**Work item**
The lines below that include "lbrace" are to be found and copied.

**Records for processing**
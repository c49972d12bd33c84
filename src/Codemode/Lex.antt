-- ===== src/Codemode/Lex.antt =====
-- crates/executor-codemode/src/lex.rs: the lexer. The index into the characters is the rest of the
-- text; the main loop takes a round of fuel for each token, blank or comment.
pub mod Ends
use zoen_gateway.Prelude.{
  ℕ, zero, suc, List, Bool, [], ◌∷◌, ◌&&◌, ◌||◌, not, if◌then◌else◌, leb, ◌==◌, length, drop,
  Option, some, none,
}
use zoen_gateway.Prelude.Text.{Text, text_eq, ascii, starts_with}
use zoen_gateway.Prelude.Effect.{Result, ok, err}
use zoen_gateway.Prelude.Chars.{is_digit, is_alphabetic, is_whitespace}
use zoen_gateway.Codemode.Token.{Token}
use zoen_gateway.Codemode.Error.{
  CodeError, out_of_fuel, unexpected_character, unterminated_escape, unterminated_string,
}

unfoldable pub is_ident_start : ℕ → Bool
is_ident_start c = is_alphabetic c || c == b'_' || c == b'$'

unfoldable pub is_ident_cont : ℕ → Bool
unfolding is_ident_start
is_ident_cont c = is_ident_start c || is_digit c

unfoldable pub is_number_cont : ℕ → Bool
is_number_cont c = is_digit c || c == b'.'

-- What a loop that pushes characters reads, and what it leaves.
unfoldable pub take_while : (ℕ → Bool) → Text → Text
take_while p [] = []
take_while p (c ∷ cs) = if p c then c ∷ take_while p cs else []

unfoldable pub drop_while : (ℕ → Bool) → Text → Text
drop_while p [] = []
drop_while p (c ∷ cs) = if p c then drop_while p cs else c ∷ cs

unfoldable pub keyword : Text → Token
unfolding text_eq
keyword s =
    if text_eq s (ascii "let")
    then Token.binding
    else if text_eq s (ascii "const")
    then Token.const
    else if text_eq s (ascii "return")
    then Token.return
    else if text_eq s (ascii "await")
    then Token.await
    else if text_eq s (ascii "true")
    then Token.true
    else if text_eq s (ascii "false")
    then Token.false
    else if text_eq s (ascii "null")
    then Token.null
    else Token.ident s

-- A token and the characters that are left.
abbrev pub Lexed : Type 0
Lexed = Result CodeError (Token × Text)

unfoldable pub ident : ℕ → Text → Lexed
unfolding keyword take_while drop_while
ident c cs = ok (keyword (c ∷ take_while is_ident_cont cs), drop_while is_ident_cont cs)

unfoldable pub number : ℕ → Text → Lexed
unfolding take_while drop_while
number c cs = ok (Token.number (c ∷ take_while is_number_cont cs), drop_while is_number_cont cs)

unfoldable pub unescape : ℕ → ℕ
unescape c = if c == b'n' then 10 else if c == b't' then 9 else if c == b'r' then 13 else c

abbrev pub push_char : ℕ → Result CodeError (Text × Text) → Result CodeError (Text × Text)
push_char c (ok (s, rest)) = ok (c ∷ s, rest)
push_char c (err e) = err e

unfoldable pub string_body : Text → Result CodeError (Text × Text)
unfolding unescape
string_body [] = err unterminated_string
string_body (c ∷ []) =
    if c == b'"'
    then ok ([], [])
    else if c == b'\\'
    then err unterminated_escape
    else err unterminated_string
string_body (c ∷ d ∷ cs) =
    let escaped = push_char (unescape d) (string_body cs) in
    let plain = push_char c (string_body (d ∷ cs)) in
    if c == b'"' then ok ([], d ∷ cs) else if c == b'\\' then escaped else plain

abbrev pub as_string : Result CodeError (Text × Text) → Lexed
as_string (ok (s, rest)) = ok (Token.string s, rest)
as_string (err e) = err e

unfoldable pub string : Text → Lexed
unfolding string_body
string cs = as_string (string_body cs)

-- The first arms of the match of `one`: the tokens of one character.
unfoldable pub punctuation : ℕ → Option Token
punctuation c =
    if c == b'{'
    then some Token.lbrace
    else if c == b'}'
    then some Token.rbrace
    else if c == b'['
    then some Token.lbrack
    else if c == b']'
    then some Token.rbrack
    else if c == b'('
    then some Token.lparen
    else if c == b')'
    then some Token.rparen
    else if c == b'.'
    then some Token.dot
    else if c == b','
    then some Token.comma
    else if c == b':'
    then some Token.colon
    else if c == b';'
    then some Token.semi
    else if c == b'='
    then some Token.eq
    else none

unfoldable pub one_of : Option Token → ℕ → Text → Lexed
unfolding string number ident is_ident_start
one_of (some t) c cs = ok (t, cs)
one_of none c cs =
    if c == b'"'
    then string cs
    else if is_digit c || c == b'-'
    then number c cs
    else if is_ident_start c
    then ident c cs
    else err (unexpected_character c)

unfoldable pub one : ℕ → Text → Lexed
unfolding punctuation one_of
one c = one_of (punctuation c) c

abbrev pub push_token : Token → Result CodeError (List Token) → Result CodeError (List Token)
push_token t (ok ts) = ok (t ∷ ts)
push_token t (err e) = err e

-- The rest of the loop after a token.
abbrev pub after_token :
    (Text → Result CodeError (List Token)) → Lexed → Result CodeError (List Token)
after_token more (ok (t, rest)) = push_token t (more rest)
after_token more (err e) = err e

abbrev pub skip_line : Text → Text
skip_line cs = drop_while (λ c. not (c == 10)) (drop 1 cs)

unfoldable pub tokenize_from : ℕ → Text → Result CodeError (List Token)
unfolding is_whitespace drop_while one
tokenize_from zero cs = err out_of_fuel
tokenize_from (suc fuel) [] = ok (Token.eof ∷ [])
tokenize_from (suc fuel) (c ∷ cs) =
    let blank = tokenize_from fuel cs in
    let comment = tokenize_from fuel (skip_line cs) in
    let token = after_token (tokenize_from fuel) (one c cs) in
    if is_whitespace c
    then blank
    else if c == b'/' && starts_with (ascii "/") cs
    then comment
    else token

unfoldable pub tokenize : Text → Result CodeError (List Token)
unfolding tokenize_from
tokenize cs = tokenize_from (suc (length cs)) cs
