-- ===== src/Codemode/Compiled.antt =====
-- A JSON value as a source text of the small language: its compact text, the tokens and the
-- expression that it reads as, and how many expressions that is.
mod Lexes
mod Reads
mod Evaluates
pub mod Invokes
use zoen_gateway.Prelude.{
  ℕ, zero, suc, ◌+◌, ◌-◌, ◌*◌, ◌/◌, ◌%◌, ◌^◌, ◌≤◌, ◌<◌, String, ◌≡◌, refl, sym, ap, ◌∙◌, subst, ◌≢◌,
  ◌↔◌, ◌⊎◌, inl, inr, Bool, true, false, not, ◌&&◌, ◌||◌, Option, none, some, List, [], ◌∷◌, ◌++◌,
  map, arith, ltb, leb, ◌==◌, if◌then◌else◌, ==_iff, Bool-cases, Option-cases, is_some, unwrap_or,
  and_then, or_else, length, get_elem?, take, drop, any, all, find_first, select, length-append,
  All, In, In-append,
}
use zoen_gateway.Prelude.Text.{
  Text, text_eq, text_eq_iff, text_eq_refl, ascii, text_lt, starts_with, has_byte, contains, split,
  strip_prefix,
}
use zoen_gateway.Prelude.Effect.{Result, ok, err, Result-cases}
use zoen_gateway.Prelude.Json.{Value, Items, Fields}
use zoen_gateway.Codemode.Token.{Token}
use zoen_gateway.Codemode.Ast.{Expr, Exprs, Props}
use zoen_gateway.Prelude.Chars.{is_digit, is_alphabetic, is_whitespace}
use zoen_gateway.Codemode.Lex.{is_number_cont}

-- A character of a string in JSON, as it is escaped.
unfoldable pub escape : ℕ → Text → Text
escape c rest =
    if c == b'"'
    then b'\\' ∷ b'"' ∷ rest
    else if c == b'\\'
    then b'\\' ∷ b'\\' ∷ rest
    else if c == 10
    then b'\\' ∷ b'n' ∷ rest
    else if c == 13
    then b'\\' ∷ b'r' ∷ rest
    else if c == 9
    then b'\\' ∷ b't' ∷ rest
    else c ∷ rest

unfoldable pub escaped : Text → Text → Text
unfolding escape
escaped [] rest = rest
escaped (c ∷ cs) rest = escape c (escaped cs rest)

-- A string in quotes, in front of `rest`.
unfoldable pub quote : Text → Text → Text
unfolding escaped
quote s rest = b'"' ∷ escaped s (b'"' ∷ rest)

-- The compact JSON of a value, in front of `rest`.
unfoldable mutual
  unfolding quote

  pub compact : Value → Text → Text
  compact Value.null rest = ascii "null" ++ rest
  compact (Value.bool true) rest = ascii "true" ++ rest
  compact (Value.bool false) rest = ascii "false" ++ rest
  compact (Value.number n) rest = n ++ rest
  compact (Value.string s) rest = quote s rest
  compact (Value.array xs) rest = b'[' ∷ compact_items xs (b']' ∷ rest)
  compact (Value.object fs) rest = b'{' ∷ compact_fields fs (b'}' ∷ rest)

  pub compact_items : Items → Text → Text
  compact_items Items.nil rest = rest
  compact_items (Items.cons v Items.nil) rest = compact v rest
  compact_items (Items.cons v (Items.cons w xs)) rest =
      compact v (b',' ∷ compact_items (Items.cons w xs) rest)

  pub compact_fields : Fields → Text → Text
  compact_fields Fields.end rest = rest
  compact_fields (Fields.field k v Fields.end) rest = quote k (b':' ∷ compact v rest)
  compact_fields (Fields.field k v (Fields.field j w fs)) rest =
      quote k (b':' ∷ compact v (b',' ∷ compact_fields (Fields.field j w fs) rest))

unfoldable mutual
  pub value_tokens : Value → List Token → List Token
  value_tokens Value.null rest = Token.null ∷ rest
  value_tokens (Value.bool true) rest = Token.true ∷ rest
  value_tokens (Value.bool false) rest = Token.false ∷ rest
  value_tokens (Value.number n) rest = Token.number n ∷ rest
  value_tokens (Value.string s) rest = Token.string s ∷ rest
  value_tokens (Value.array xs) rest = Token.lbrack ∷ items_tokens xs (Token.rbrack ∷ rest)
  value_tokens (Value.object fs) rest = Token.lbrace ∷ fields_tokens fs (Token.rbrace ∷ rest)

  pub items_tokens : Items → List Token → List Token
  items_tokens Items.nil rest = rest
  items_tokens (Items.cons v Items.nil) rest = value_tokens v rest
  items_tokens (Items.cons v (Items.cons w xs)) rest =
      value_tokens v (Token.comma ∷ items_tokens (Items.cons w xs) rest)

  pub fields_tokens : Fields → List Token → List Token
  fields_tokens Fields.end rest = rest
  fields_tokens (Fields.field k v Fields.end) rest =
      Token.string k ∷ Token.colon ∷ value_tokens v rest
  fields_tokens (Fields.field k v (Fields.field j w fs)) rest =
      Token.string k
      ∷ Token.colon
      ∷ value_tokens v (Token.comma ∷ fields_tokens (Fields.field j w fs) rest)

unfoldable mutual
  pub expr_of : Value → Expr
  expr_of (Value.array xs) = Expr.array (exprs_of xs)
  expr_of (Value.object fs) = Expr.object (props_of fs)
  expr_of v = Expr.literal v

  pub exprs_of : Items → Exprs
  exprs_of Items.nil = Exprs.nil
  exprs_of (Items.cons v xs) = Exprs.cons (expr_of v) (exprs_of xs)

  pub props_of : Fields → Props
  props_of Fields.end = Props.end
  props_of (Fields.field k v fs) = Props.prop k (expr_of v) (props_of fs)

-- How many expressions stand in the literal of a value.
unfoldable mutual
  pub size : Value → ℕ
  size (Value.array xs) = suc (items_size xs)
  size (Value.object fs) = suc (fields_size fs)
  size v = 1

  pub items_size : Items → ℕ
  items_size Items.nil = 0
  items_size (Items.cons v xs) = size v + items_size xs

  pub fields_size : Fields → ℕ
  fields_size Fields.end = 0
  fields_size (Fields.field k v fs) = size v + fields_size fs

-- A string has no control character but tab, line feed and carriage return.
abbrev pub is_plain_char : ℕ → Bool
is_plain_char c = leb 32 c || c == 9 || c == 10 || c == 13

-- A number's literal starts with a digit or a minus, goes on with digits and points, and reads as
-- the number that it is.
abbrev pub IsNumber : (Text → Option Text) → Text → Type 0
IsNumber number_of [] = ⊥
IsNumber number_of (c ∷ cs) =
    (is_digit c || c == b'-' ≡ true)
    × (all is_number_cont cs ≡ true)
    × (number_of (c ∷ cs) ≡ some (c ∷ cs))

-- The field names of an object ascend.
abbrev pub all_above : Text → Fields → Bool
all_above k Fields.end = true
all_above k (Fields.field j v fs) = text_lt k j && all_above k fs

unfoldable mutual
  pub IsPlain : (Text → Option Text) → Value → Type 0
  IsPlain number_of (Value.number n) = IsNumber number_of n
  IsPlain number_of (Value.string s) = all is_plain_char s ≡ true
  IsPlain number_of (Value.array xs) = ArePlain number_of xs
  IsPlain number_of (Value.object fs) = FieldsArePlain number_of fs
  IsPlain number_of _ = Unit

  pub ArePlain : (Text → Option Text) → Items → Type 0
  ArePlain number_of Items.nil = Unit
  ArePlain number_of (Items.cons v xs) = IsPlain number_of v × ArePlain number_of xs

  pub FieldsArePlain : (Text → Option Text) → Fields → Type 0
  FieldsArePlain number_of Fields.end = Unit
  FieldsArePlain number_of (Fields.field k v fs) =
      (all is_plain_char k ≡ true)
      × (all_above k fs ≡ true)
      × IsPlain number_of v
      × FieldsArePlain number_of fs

...

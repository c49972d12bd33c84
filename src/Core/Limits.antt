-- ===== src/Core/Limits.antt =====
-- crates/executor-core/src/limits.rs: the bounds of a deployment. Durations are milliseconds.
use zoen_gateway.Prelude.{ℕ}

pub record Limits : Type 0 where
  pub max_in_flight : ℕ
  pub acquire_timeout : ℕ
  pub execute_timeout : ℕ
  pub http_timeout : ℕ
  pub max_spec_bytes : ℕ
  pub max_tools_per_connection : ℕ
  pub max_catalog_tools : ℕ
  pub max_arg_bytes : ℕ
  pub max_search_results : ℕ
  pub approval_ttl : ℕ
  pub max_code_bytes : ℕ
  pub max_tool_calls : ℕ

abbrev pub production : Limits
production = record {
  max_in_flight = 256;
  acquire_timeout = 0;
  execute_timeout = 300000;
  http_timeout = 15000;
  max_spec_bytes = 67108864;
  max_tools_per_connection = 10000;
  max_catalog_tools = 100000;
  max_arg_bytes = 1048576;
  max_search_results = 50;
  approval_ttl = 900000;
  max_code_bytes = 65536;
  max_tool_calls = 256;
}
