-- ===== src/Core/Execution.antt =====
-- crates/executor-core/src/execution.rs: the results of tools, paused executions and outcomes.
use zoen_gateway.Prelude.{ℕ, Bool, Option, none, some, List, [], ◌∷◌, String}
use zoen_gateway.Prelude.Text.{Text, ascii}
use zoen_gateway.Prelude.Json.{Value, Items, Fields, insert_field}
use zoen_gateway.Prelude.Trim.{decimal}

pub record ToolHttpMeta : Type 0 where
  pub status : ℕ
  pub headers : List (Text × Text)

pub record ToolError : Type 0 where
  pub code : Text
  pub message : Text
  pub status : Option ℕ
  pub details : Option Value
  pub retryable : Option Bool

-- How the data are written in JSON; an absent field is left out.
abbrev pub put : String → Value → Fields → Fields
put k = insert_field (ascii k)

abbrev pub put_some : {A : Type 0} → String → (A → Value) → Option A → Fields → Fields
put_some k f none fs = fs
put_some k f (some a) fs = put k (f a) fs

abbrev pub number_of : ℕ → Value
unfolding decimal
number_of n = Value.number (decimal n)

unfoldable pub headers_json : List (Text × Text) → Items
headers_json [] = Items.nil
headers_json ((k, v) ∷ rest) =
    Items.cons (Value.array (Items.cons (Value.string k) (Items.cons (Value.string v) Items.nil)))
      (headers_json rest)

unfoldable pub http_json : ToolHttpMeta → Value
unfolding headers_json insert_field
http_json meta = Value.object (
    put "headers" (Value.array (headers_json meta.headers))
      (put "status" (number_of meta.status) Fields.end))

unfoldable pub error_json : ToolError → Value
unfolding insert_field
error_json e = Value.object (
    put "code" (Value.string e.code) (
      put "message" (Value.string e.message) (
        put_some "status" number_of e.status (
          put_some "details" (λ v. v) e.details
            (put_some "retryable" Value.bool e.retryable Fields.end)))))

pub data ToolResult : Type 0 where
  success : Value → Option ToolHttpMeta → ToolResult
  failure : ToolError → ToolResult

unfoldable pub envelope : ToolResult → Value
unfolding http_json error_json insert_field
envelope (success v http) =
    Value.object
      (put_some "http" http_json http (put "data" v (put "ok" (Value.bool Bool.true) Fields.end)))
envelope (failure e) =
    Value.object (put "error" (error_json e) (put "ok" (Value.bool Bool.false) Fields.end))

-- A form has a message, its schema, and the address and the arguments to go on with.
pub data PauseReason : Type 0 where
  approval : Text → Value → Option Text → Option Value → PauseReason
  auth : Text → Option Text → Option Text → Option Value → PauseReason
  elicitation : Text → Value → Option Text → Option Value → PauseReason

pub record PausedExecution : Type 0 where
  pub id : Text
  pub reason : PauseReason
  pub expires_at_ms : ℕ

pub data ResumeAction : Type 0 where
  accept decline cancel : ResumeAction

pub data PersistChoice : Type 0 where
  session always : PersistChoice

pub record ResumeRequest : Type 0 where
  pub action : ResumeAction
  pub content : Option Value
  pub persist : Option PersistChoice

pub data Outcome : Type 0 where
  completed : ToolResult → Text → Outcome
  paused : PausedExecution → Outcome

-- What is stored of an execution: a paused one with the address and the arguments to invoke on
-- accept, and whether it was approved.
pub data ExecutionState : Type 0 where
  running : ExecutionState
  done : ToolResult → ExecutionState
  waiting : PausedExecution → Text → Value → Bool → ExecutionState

**Task result**
    then some Token.lbrace
  value_tokens (Value.object fs) rest = Token.lbrace ∷ fields_tokens fs (Token.rbrace ∷ rest)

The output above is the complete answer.